▶ THE TASK
When you reach the line containing "(if get_or retained id" in the records below, start copying exactly, and stop once you have copied the line containing "retained_string retained r u (length before + 1)".

▶ DATASET EXTRACT
__________________________________________________

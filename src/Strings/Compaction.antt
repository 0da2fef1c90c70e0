-- ===== src/Strings/Compaction.antt =====
-- The compaction of a rebuild: which strings it keeps, and under which identifiers.
use server_entry.Prelude.{
  ℕ, zero, suc, ◌+◌, ◌-◌, ◌≡◌, refl, ap, sym, ◌∙◌, Bool, true, false, ◌&&◌, List, [], ◌∷◌, ◌++◌,
  append_assoc, append-nil, Option, none, some, ◌==◌, if◌then◌else◌, length, length-append, get_or,
  Bool-cases, Option-cases, inl, inr, arith, subst,
}
use server_entry.Strings.{
  Status, ok, Bytes, Slots, Index, Registry, emplace, slot, IsIndex, IsIndexed,
}
use server_entry.Strings.Index.{entered, skipped, empty-IsIndex}
use server_entry.Strings.Publish.{Extends, resolve-slot}
use server_entry.Strings.Intern.{not_ok}
use server_entry.Strings.Commit.{appended-IsIndexed}
use server_entry.Strings.Update.{
  adopt, is_empty, Update, Compaction, compacted, refused, with_slot, compact, is_ok,
  get_for_validation, is_current, resolve, prepare_rebuild_compaction, publish_prepared,
  compaction_required, take_compaction,
}

-- What slot `id` holds after a compaction.
abbrev retained_string : List ℕ → Registry → Update → ℕ → Option Bytes
retained_string retained r u id =
    if get_or retained id 0 == 0 then none else get_for_validation r u id

abbrev retained_from : List ℕ → Registry → Update → ℕ → ℕ → Slots
retained_from retained r u id zero = []
retained_from retained r u id (suc left) =
    retained_string retained r u id ∷ retained_from retained r u (id + 1) left

-- A compaction has the slots `slots` and an index of these behind the slots `done`.
abbrev Compacts : Slots → Slots → Compaction → Type 0
Compacts done slots (compacted slots' index) = (slots' ≡ slots) × IsIndex (done ++ slots) index
Compacts done slots (refused status) = is_ok status ≡ false

with_slot-Compacts :
    (done slots : Slots) (s : Option Bytes) (c : Compaction)
    → Compacts (done ++ (s ∷ [])) slots c
    → Compacts done (s ∷ slots) (with_slot s c)
with_slot-Compacts done slots s (compacted slots' index) h =
    (ap (λ t. s ∷ t) h.0, subst (λ t. IsIndex t index) (append_assoc done (s ∷ []) slots) h.1)
with_slot-Compacts done slots s (refused status) h = h

abbrev Behind : List ℕ → Registry → Update → ℕ → Type 0
Behind retained r u left =
    (done : Slots) (index : Index)
    → IsIndex done index
    → Compacts done (retained_from retained r u (length done + 1) left)
        (compact retained r u (length done + 1) left index)

one_more :
    (retained : List ℕ) (r : Registry) (u : Update) (left : ℕ)
    → Behind retained r u left
    → (done : Slots) (s : Option Bytes) (index : Index) → IsIndex (done ++ (s ∷ [])) index
    → Compacts done
        (s ∷ retained_from retained r u (length done + 1 + 1) left)
        (with_slot s (compact retained r u (length done + 1 + 1) left index))
one_more retained r u left behind done s index h =
    let n = length-append done (s ∷ []) in
    let m : length (done ++ (s ∷ [])) + 1 ≡ length done + 1 + 1 = omega arith in
    with_slot-Compacts done (retained_from retained r u (length done + 1 + 1) left) s _ (
      subst
        (λ k.
          Compacts (done ++ (s ∷ [])) (retained_from retained r u k left)
            (compact retained r u k left index))
        m (behind (done ++ (s ∷ [])) index h))

pub compact-Compacts :
    (retained : List ℕ) (r : Registry) (u : Update) (left : ℕ) → Behind retained r u left
unfolding compact
compact-Compacts retained r u zero done index h =
    (refl, subst (λ t. IsIndex t index) (sym (append-nil done)) h)
compact-Compacts retained r u (suc left) done index h =
    let id = length done + 1 in
    elim (Bool-cases (get_or retained id 0 == 0)) [
      | inl z ↦
          rw (z, compact)
            (one_more retained r u left (compact-Compacts retained r u left) done none index
              (skipped done index h))
      | inr k ↦ elim (Option-cases (get_for_validation r u id)) [
        | inl g ↦ rw (k, g, compact) refl
        | inr (v, g) ↦ elim (Option-cases (emplace v id index)) [
          | inl e ↦ rw (k, g, e, compact) refl
          | inr (index', e) ↦
              rw (k, g, e, compact)
                (one_more retained r u left (compact-Compacts retained r u left) done (some v)
                  index' (entered done index index' v h e))
        ]
      ]
    ]

-- The branch of a call that gets to the loop.
compacting :
    (allocated : Bool) (retained : List ℕ) (r : Registry) (u : Update)
    → compaction_required retained 1 (length r.records + length u.added_records) ≡ true
    → (prepare_rebuild_compaction allocated retained r u).1 ≡ ok
    → prepare_rebuild_compaction allocated retained r u
      ≡ take_compaction u (compact retained r u 1 (length r.records + length u.added_records) [])
unfolding prepare_rebuild_compaction
compacting allocated retained r u c h = ground (arith, c, h)

-- What a publication makes of a compaction.
published :
    (r : Registry) (u : Update) (k : Compaction) (slots : Slots)
    → Compacts [] slots k
    → (take_compaction u k).1 ≡ ok
    → ((publish_prepared r (take_compaction u k).0).0.records ≡ slots)
      × IsIndexed (publish_prepared r (take_compaction u k).0).0
unfolding publish_prepared
published r u (compacted slots' index) slots t q = (t.0, subst (λ s. IsIndex s index) (sym t.0) t.1)
published r u (refused status) slots t q = absurd (not_ok status t q)

-- The slots with a tombstone for each that `retained` does not keep, the first having the identifier
-- `id`.
abbrev pub kept_slots : List ℕ → ℕ → Slots → Slots
kept_slots retained id [] = []
kept_slots retained id (s ∷ slots) =
    (if get_or retained id 0 == 0 then none else s) ∷ kept_slots retained (id + 1) slots

slot_behind :
    (before : Slots) (s : Option Bytes) (rest : Slots)
    → slot (before ++ (s ∷ rest)) (length before) ≡ s
slot_behind [] s rest = refl
slot_behind (x ∷ before) s rest = slot_behind before s rest

-- What is retained of an identifier is its slot among those of the owner and the added ones.
retained_string-slot :
    (retained : List ℕ) (r : Registry) (u : Update) (before : Slots) (s : Option Bytes)
    (rest : Slots)
    → is_current r u ≡ true
    → r.records ++ u.added_records ≡ before ++ (s ∷ rest)
    → retained_string retained r u (length before + 1)
      ≡ (if get_or retained (length before + 1) 0 == 0 then none else s)
unfolding get_for_validation
retained_string-slot retained r u before s rest c e =
    let id = length before + 1 in
    let n : (id == 0) ≡ false = ground arith in
    let there : id - 1 ≡ length before = omega arith in
    let found : resolve r u id ≡ s =
      resolve-slot r u id (omega arith)
      ∙ ap (λ k. slot (r.records ++ u.added_records) k) there
      ∙ ap (λ t. slot t (length before)) e
      ∙ slot_behind before s rest in
    rw (c, n, found) refl

retained_from-kept_slots :
    (retained : List ℕ) (r : Registry) (u : Update) (before rest : Slots)
    → is_current r u ≡ true
    → r.records ++ u.added_records ≡ before ++ rest
    → retained_from retained r u (length before + 1) (length rest)
      ≡ kept_slots retained (length before + 1) rest
retained_from-kept_slots retained r u before [] c e = refl
retained_from-kept_slots retained r u before (s ∷ rest) c e =
    let n = length-append before (s ∷ []) in
    let m : length (before ++ (s ∷ [])) + 1 ≡ length before + 1 + 1 = omega (arith, n) in
    let more =
      retained_from-kept_slots retained r u (before ++ (s ∷ [])) rest c
        (e ∙ sym (append_assoc before (s ∷ []) rest)) in
    rw (retained_string-slot retained r u before s rest c e) (
      ap (λ slots. (if get_or retained (length before + 1) 0 == 0 then none else s) ∷ slots)
        (subst (λ k. retained_from retained r u k (length rest) ≡ kept_slots retained k rest) m
          more))

current :
    (allocated : Bool) (retained : List ℕ) (r : Registry) (u : Update)
    → (prepare_rebuild_compaction allocated retained r u).1 ≡ ok
    → is_current r u ≡ true
unfolding prepare_rebuild_compaction
current allocated retained r u h = elim (Bool-cases (is_current r u)) [
  | inl c ↦ c
  | inr c ↦ absurd (ground (arith, c, h))
]

-- A compaction that is asked for and succeeds: the registry that is published has the slots of the
-- owner and behind them the added ones, each at its identifier, with a tombstone for each identifier
-- that `retained` does not keep, and its index is the inverse of these slots.
pub compaction_keeps_slots :
    (allocated : Bool) (retained : List ℕ) (r : Registry) (u : Update)
    → compaction_required retained 1 (length r.records + length u.added_records) ≡ true
    → (prepare_rebuild_compaction allocated retained r u).1 ≡ ok
    → let r' = (publish_prepared r (prepare_rebuild_compaction allocated retained r u).0).0 in
      (r'.records ≡ kept_slots retained 1 (r.records ++ u.added_records)) × IsIndexed r'
compaction_keeps_slots allocated retained r u c h =
    let size = length r.records + length u.added_records in
    let e = compacting allocated retained r u c h in
    let t = compact-Compacts retained r u size [] [] empty-IsIndex in
    let slots : retained_from retained r u 1 size
        ≡ kept_slots retained 1 (r.records ++ u.added_records) =
      ap (retained_from retained r u 1) (sym (length-append r.records u.added_records))
      ∙ retained_from-kept_slots retained r u [] (r.records ++ u.added_records)
          (current allocated retained r u h) refl in
    subst
      (λ p.
        ((publish_prepared r p.0).0.records ≡ kept_slots retained 1 (r.records ++ u.added_records))
        × IsIndexed (publish_prepared r p.0).0)
      (sym e)
      (published r u (compact retained r u 1 size [])
        (kept_slots retained 1 (r.records ++ u.added_records))
        (subst (λ s. Compacts [] s (compact retained r u 1 size [])) slots t)
        (ap (λ p. p.1) (sym e) ∙ h))

abbrev adopting : Registry → Update → Update × Status
adopting r u = (adopt r u, ok)

keeping :
    (allocated : Bool) (retained : List ℕ) (r : Registry) (u : Update)
    → compaction_required retained 1 (length r.records + length u.added_records) ≡ false
    → (prepare_rebuild_compaction allocated retained r u).1 ≡ ok
    → prepare_rebuild_compaction allocated retained r u ≡ adopting r u
unfolding prepare_rebuild_compaction
keeping allocated retained r u c h = ground (arith, c, h)

empty_list : {A : Type 0} (xs : List A) → is_empty xs ≡ true → xs ≡ []
empty_list [] h = refl
empty_list (x ∷ xs) h = ground arith

adopted :
    (r : Registry) (u : Update)
    → Extends r u
    → ((publish_prepared r (adopt r u)).0.records ≡ r.records ++ u.added_records)
      × IsIndexed (publish_prepared r (adopt r u)).0
unfolding adopt publish_prepared
adopted r u x = elim (Bool-cases (is_empty r.records && is_empty r.lookup_index)) [
  | inl e ↦
      let a = empty_list r.records (ground (arith, e)) in
      let b = empty_list r.lookup_index (ground (arith, e)) in
      rw e (sym (ap (λ t. t ++ u.added_records) a), only a b)
  | inr n ↦ rw (n, x.uncompacted) (refl, appended-IsIndexed r u x)
]
  where
    only : r.records ≡ [] → r.lookup_index ≡ [] → IsIndex u.added_records u.added_lookup
    only a b =
        subst (λ t. IsIndex u.added_records t) (append-nil u.added_lookup)
          (subst (λ t. IsIndex u.added_records (u.added_lookup ++ t)) b
            (subst (λ t. IsIndex (t ++ u.added_records) (u.added_lookup ++ r.lookup_index)) a
              x.both))

-- Where every string is retained, the compaction drops none: the published registry has the slots
-- of the owner and the added ones behind them, and its index is their inverse.
pub nothing_dropped :
    (allocated : Bool) (retained : List ℕ) (r : Registry) (u : Update)
    → Extends r u
    → compaction_required retained 1 (length r.records + length u.added_records) ≡ false
    → (prepare_rebuild_compaction allocated retained r u).1 ≡ ok
    → let r' = (publish_prepared r (prepare_rebuild_compaction allocated retained r u).0).0 in
      (r'.records ≡ r.records ++ u.added_records) × IsIndexed r'
nothing_dropped allocated retained r u x c h =
    subst
      (λ p.
        ((publish_prepared r p.0).0.records ≡ r.records ++ u.added_records)
        × IsIndexed (publish_prepared r p.0).0)
      (sym (keeping allocated retained r u c h)) (adopted r u x)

__________________________________________________

▶ FINISHED EXERCISE
    (if get_or retained id 0 == 0 then none else s) ∷ kept_slots retained (id + 1) slots

slot_behind :
    (before : Slots) (s : Option Bytes) (rest : Slots)
    → slot (before ++ (s ∷ rest)) (length before) ≡ s
slot_behind [] s rest = refl
slot_behind (x ∷ before) s rest = slot_behind before s rest

-- What is retained of an identifier is its slot among those of the owner and the added ones.
retained_string-slot :
    (retained : List ℕ) (r : Registry) (u : Update) (before : Slots) (s : Option Bytes)
    (rest : Slots)
    → is_current r u ≡ true
    → r.records ++ u.added_records ≡ before ++ (s ∷ rest)
    → retained_string retained r u (length before + 1)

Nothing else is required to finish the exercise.